Task brief: Take the data below and copy exactly the lines starting at the one with "(core.report_event conn.core (get" and finishing at the one with "report_loop _ _ (core.finish_run", both included.

··········

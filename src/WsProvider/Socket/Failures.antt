-- ===== src/WsProvider/Socket/Failures.antt =====
-- How the read loop stands after a message.
use funduq_server.Prelude.{
  ℕ, String, Bool, true, false, ◌||◌, ◌≡◌, refl, ◌≢◌, Option, none, some, List, Result, ok, raise,
  Error, ErrorClass, if◌then◌else◌,
}
use funduq_server.Json.{
  Json, null, bool, int, float, str, arr, obj, Dict, get, is_hashable, nonempty_str, as_dict,
}
use funduq_server.Funduq.{Funduq, Contract, Registration, Validation, Verdict, valid, invalid}
use funduq_server.WsCommon.{
  Message, Loop, ended, failed, disconnect, binary, text, unloadable, parse_frame,
}
use funduq_server.WsProvider.Link.{declare_interjections, takes_interjections}
use funduq_server.WsProvider.Registration.{parse_registration}
use funduq_server.WsProvider.Verdict.{parse_verdict}
use funduq_server.WsProvider.Socket.{
  Conn, Inbound, register, delete_agent, ack, event, finish, query, known, as_kind, inbound_type,
  kind_of, catch, after_register, register_agents, after_delete, delete_named, answer_verdict,
  report, dispatch, read_parsed, read_loaded, read_message,
}

-- A core that raises from these calls only what the read loop catches.
pub record IsCivil {S : Type 0} (core : Funduq S) (contract : Contract) : Type 0 where
  pub registering :
      (s : S) (id : ℕ) (asks : String → Bool) (rs : List Registration) (name : Json) (e : Error)
      → (core.register_agents s id asks rs name).0 ≡ raise e
      → (contract.is_funduq_error e.class || contract.is_value_error e.class) ≡ true
  pub deleting :
      (s : S) (id : ℕ) (name : String) (e : Error)
      → (core.delete_agent s id name).0 ≡ raise e
      → contract.is_funduq_error e.class ≡ true
  pub reporting :
      (s : S) (run event : Json) (key : String) (e : Error)
      → (core.report_event s run event key).0 ≢ raise e
  pub finishing :
      (s : S) (run : Json) (key : String) (e : Error) → (core.finish_run s run key).0 ≢ raise e

unhashable_type : Error
unhashable_type = record { class = ErrorClass.type_error; text = "unhashable type" }

-- How the loop stands after a message, told from the message alone.
abbrev loop_after_frame : Option Dict → Loop → Loop
loop_after_frame none loop = loop
loop_after_frame (some frame) loop =
    if is_hashable (get "type" frame)
    then loop
    else failed (record { class = ErrorClass.type_error; text = "unhashable type" })

abbrev pub loop_after : Message → Loop → Loop
loop_after disconnect loop = ended
loop_after binary loop = loop
loop_after (text none) loop = loop
loop_after (text (some j)) loop = loop_after_frame (as_dict j) loop
loop_after (unloadable e) loop = failed e

module _ {S : Type 0} (core : Funduq S) (contract : Contract) (civil : IsCivil core contract) where
  catch_loop :
      (b : Bool) (e : Error) (frame : Dict) (conn : Conn S)
      → b ≡ true
      → (catch b e frame conn).loop ≡ conn.loop
  unfolding catch
  catch_loop true e frame conn h = refl
  catch_loop false e frame conn h = cc

  register_loop :
      (frame : Dict) (r : Result (List Registration)) (conn : Conn S)
      → (register_agents core contract frame r conn).loop ≡ conn.loop
  unfolding register_agents
  register_loop frame (raise e) conn = refl
  register_loop frame (ok agents) conn =
      let link = declare_interjections agents conn.link in
      go
        (core.register_agents conn.core conn.id (takes_interjections link) agents
          (get "providerName" frame)).0
        (record conn {
          link = link;
          core =
              (core.register_agents conn.core conn.id (takes_interjections link) agents
                (get "providerName" frame)).1;
        })
        (civil.registering conn.core conn.id (takes_interjections link) agents
          (get "providerName" frame))
    where
      go :
          (r : Result (List String)) (c : Conn S)
          → ((e : Error)
              → r ≡ raise e
              → (contract.is_funduq_error e.class || contract.is_value_error e.class) ≡ true)
          → (after_register contract r c).loop ≡ c.loop
      go (ok names) c h = refl
      go (raise e) c h = catch_loop _ e _ c (h e refl)

  delete_loop :
      (o : Option String) (conn : Conn S) → (delete_named core contract o conn).loop ≡ conn.loop
  unfolding delete_named
  delete_loop none conn = refl
  delete_loop (some name) conn =
      go (core.delete_agent conn.core conn.id name).0
        (record conn { core = (core.delete_agent conn.core conn.id name).1 })
        (civil.deleting conn.core conn.id name)
    where
      go :
          (r : Result (Unit {0})) (c : Conn S)
          → ((e : Error) → r ≡ raise e → contract.is_funduq_error e.class ≡ true)
          → (after_delete contract name r c).loop ≡ c.loop
      go (ok _) c h = refl
      go (raise e) c h = catch_loop _ e _ c (h e refl)

  verdict_loop :
      (frame : Dict) (v : Validation Verdict) (conn : Conn S)
      → (answer_verdict core frame v conn).loop ≡ conn.loop
  unfolding answer_verdict
  verdict_loop frame (valid verdict) conn = refl
  verdict_loop frame (invalid e) conn = refl

  report_loop :
      (run_id : Json) (message : String) (r : Result Bool × S) (conn : Conn S)
      → ((e : Error) → r.0 ≢ raise e)
      → (report run_id message r conn).loop ≡ conn.loop
  unfolding report
  report_loop run_id message (ok true, s) conn h = refl
  report_loop run_id message (ok false, s) conn h = refl
  report_loop run_id message (raise e, s) conn h = absurd (h e refl)

  known_loop :
      (frame : Dict) (kind : Inbound) (conn : Conn S)
      → (dispatch core contract frame (known kind) conn).loop ≡ conn.loop
  unfolding dispatch
  known_loop frame register conn = register_loop frame (parse_registration contract frame) conn
  known_loop frame delete_agent conn = delete_loop (nonempty_str (get "name" frame)) conn
  known_loop frame ack conn = verdict_loop frame (parse_verdict contract frame) conn
  known_loop frame event conn =
      report_loop _ _
        (core.report_event conn.core (get "runId" frame) (get "event" frame) conn.link.public_key)
        conn
        (civil.reporting conn.core (get "runId" frame) (get "event" frame) conn.link.public_key)
  known_loop frame finish conn =
      report_loop _ _ (core.finish_run conn.core (get "runId" frame) conn.link.public_key) conn
        (civil.finishing conn.core (get "runId" frame) conn.link.public_key)
  known_loop frame query conn = refl

  kind_loop :
      (frame : Dict) (j : Json) (conn : Conn S)
      → (dispatch core contract frame (kind_of j) conn).loop
        ≡ (if is_hashable j then conn.loop else failed unhashable_type)
  unfolding dispatch kind_of unhashable_type
  kind_loop frame (str name) conn = named (inbound_type name)
    where
      named :
          (o : Option Inbound) → (dispatch core contract frame (as_kind o) conn).loop ≡ conn.loop
      named none = refl
      named (some kind) = known_loop frame kind conn
  kind_loop frame (arr items) conn = refl
  kind_loop frame (obj d) conn = refl
  kind_loop frame null conn = refl
  kind_loop frame (bool b) conn = refl
  kind_loop frame (int n) conn = refl
  kind_loop frame (float n t) conn = refl

  parsed_loop :
      (o : Option Dict) (conn : Conn S)
      → (read_parsed core contract o conn).loop ≡ loop_after_frame o conn.loop
  unfolding read_parsed unhashable_type
  parsed_loop none conn = refl
  parsed_loop (some frame) conn = kind_loop frame (get "type" frame) conn

  -- With a core that raises only what the read loop catches, a message breaks the loop off exactly
  -- when it is a JSON object whose `type` is an array or an object, or a text of which `json.loads`
  -- raises other than a `JSONDecodeError`; a disconnect ends the loop, and every other message,
  -- well formed or not, leaves it as it stood.
  pub read_message-loop :
      (message : Message) (conn : Conn S)
      → (read_message core contract message conn).loop ≡ loop_after message conn.loop
  unfolding read_message read_loaded parse_frame
  read_message-loop disconnect conn = refl
  read_message-loop binary conn = parsed_loop none conn
  read_message-loop (text none) conn = parsed_loop none conn
  read_message-loop (text (some j)) conn = parsed_loop (as_dict j) conn
  read_message-loop (unloadable e) conn = refl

··········

Exercise solution:
        (core.report_event conn.core (get "runId" frame) (get "event" frame) conn.link.public_key)
        conn
        (civil.reporting conn.core (get "runId" frame) (get "event" frame) conn.link.public_key)
  known_loop frame finish conn =
      report_loop _ _ (core.finish_run conn.core (get "runId" frame) conn.link.public_key) conn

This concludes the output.